[Collected data]
========================================================================
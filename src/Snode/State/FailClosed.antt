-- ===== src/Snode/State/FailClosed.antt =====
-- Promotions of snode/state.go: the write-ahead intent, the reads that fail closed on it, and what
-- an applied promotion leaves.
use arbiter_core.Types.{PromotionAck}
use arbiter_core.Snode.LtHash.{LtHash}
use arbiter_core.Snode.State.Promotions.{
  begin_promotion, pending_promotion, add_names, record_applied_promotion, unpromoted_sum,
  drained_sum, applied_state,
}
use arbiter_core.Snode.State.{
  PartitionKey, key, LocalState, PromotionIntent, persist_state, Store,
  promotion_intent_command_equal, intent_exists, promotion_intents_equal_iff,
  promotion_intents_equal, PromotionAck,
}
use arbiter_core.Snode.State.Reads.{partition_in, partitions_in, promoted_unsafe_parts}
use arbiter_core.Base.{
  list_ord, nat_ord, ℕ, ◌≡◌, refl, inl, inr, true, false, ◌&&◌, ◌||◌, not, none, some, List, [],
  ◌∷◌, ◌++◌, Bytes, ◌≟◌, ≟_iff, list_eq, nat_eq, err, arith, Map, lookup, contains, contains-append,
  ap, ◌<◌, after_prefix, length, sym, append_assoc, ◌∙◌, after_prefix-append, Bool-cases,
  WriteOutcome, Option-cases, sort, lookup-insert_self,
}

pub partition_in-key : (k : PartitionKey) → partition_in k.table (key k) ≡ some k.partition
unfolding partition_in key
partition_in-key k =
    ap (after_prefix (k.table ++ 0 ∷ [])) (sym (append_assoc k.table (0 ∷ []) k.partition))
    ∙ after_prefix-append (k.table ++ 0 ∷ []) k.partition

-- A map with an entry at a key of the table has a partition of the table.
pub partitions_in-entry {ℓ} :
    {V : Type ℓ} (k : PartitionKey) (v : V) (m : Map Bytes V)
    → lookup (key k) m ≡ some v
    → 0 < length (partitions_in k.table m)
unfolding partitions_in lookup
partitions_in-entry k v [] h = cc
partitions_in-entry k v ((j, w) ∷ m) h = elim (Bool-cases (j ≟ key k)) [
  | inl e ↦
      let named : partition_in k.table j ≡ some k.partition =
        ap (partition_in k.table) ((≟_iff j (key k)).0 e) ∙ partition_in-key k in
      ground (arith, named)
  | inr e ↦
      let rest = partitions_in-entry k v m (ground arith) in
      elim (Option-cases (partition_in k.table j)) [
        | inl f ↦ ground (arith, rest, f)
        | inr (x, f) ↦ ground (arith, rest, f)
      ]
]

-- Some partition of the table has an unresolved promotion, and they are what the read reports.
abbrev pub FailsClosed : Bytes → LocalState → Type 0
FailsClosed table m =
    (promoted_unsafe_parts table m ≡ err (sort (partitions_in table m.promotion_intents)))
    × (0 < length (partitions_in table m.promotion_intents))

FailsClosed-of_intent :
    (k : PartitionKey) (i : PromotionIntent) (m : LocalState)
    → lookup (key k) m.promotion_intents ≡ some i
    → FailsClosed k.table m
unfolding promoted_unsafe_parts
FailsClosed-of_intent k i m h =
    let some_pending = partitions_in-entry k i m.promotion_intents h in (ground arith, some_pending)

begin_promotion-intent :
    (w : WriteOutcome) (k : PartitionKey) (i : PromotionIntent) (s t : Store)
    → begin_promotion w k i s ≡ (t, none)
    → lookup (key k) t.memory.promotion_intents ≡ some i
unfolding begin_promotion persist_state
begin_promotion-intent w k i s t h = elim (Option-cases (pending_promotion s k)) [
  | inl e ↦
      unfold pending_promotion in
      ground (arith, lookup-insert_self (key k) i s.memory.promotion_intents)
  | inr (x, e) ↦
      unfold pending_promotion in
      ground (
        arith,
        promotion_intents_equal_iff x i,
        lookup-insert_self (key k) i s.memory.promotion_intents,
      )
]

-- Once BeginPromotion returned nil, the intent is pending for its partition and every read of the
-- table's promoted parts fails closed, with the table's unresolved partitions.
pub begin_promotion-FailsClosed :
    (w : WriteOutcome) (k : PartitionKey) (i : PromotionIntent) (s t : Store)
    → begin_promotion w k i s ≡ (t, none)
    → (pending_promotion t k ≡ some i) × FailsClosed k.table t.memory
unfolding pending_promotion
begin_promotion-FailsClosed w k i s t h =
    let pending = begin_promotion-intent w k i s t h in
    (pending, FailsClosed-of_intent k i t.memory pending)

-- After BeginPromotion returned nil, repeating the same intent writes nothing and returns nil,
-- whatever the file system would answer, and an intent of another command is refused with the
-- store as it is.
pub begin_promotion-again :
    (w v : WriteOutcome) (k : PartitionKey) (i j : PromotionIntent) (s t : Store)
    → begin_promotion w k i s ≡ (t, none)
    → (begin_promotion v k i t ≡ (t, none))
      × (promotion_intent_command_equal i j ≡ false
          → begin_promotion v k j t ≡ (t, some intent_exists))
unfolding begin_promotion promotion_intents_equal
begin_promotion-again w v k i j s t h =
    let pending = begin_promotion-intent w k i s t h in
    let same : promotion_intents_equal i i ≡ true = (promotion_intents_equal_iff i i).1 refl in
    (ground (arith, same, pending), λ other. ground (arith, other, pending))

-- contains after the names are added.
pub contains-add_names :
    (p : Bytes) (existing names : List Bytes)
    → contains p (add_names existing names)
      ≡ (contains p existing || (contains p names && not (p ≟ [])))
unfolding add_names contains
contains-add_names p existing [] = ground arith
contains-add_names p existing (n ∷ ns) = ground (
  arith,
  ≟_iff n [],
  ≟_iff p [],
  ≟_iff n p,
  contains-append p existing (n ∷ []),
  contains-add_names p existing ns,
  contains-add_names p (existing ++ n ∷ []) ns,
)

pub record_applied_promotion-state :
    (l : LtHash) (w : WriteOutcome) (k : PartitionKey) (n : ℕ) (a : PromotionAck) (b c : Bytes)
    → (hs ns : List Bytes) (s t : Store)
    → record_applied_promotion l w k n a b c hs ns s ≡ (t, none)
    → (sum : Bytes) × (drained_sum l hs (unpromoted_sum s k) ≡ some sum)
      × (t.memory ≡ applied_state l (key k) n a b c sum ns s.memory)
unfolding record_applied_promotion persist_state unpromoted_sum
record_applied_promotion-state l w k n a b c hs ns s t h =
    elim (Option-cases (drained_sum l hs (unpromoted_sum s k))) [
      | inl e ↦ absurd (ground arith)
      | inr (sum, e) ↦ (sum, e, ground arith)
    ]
========================================================================
- YOUR INSTRUCTIONS -
The data above should be reproduced in full, word for word.

- TASK SOLUTION -
filename src/Snode/State/FailClosed.antt
-- ===== src/Snode/State/FailClosed.antt =====
-- Promotions of snode/state.go: the write-ahead intent, the reads that fail closed on it, and what
-- an applied promotion leaves.
use arbiter_core.Types.{PromotionAck}
use arbiter_core.Snode.LtHash.{LtHash}
use arbiter_core.Snode.State.Promotions.{
  begin_promotion, pending_promotion, add_names, record_applied_promotion, unpromoted_sum,
  drained_sum, applied_state,
}
use arbiter_core.Snode.State.{
  PartitionKey, key, LocalState, PromotionIntent, persist_state, Store,
  promotion_intent_command_equal, intent_exists, promotion_intents_equal_iff,
  promotion_intents_equal, PromotionAck,
}
use arbiter_core.Snode.State.Reads.{partition_in, partitions_in, promoted_unsafe_parts}
use arbiter_core.Base.{
  list_ord, nat_ord, ℕ, ◌≡◌, refl, inl, inr, true, false, ◌&&◌, ◌||◌, not, none, some, List, [],
  ◌∷◌, ◌++◌, Bytes, ◌≟◌, ≟_iff, list_eq, nat_eq, err, arith, Map, lookup, contains, contains-append,
  ap, ◌<◌, after_prefix, length, sym, append_assoc, ◌∙◌, after_prefix-append, Bool-cases,
  WriteOutcome, Option-cases, sort, lookup-insert_self,
}

pub partition_in-key : (k : PartitionKey) → partition_in k.table (key k) ≡ some k.partition
unfolding partition_in key
partition_in-key k =
    ap (after_prefix (k.table ++ 0 ∷ [])) (sym (append_assoc k.table (0 ∷ []) k.partition))
    ∙ after_prefix-append (k.table ++ 0 ∷ []) k.partition

-- A map with an entry at a key of the table has a partition of the table.
pub partitions_in-entry {ℓ} :
    {V : Type ℓ} (k : PartitionKey) (v : V) (m : Map Bytes V)
    → lookup (key k) m ≡ some v
    → 0 < length (partitions_in k.table m)
unfolding partitions_in lookup
partitions_in-entry k v [] h = cc
partitions_in-entry k v ((j, w) ∷ m) h = elim (Bool-cases (j ≟ key k)) [
  | inl e ↦
      let named : partition_in k.table j ≡ some k.partition =
        ap (partition_in k.table) ((≟_iff j (key k)).0 e) ∙ partition_in-key k in
      ground (arith, named)
  | inr e ↦
      let rest = partitions_in-entry k v m (ground arith) in
      elim (Option-cases (partition_in k.table j)) [
        | inl f ↦ ground (arith, rest, f)
        | inr (x, f) ↦ ground (arith, rest, f)
      ]
]

-- Some partition of the table has an unresolved promotion, and they are what the read reports.
abbrev pub FailsClosed : Bytes → LocalState → Type 0
FailsClosed table m =
    (promoted_unsafe_parts table m ≡ err (sort (partitions_in table m.promotion_intents)))
    × (0 < length (partitions_in table m.promotion_intents))

FailsClosed-of_intent :
    (k : PartitionKey) (i : PromotionIntent) (m : LocalState)
    → lookup (key k) m.promotion_intents ≡ some i
    → FailsClosed k.table m
unfolding promoted_unsafe_parts
FailsClosed-of_intent k i m h =
    let some_pending = partitions_in-entry k i m.promotion_intents h in (ground arith, some_pending)

begin_promotion-intent :
    (w : WriteOutcome) (k : PartitionKey) (i : PromotionIntent) (s t : Store)
    → begin_promotion w k i s ≡ (t, none)
    → lookup (key k) t.memory.promotion_intents ≡ some i
unfolding begin_promotion persist_state
begin_promotion-intent w k i s t h = elim (Option-cases (pending_promotion s k)) [
  | inl e ↦
      unfold pending_promotion in
      ground (arith, lookup-insert_self (key k) i s.memory.promotion_intents)
  | inr (x, e) ↦
      unfold pending_promotion in
      ground (
        arith,
        promotion_intents_equal_iff x i,
        lookup-insert_self (key k) i s.memory.promotion_intents,
      )
]

-- Once BeginPromotion returned nil, the intent is pending for its partition and every read of the
-- table's promoted parts fails closed, with the table's unresolved partitions.
pub begin_promotion-FailsClosed :
    (w : WriteOutcome) (k : PartitionKey) (i : PromotionIntent) (s t : Store)
    → begin_promotion w k i s ≡ (t, none)
    → (pending_promotion t k ≡ some i) × FailsClosed k.table t.memory
unfolding pending_promotion
begin_promotion-FailsClosed w k i s t h =
    let pending = begin_promotion-intent w k i s t h in
    (pending, FailsClosed-of_intent k i t.memory pending)

-- After BeginPromotion returned nil, repeating the same intent writes nothing and returns nil,
-- whatever the file system would answer, and an intent of another command is refused with the
-- store as it is.
pub begin_promotion-again :
    (w v : WriteOutcome) (k : PartitionKey) (i j : PromotionIntent) (s t : Store)
    → begin_promotion w k i s ≡ (t, none)
    → (begin_promotion v k i t ≡ (t, none))
      × (promotion_intent_command_equal i j ≡ false
          → begin_promotion v k j t ≡ (t, some intent_exists))
unfolding begin_promotion promotion_intents_equal
begin_promotion-again w v k i j s t h =
    let pending = begin_promotion-intent w k i s t h in
    let same : promotion_intents_equal i i ≡ true = (promotion_intents_equal_iff i i).1 refl in
    (ground (arith, same, pending), λ other. ground (arith, other, pending))

-- contains after the names are added.
pub contains-add_names :
    (p : Bytes) (existing names : List Bytes)
    → contains p (add_names existing names)
      ≡ (contains p existing || (contains p names && not (p ≟ [])))
unfolding add_names contains
contains-add_names p existing [] = ground arith
contains-add_names p existing (n ∷ ns) = ground (
  arith,
  ≟_iff n [],
  ≟_iff p [],
  ≟_iff n p,
  contains-append p existing (n ∷ []),
  contains-add_names p existing ns,
  contains-add_names p (existing ++ n ∷ []) ns,
)

pub record_applied_promotion-state :
    (l : LtHash) (w : WriteOutcome) (k : PartitionKey) (n : ℕ) (a : PromotionAck) (b c : Bytes)
    → (hs ns : List Bytes) (s t : Store)
    → record_applied_promotion l w k n a b c hs ns s ≡ (t, none)
    → (sum : Bytes) × (drained_sum l hs (unpromoted_sum s k) ≡ some sum)
      × (t.memory ≡ applied_state l (key k) n a b c sum ns s.memory)
unfolding record_applied_promotion persist_state unpromoted_sum
record_applied_promotion-state l w k n a b c hs ns s t h =
    elim (Option-cases (drained_sum l hs (unpromoted_sum s k))) [
      | inl e ↦ absurd (ground arith)
      | inr (sum, e) ↦ (sum, e, ground arith)
    ]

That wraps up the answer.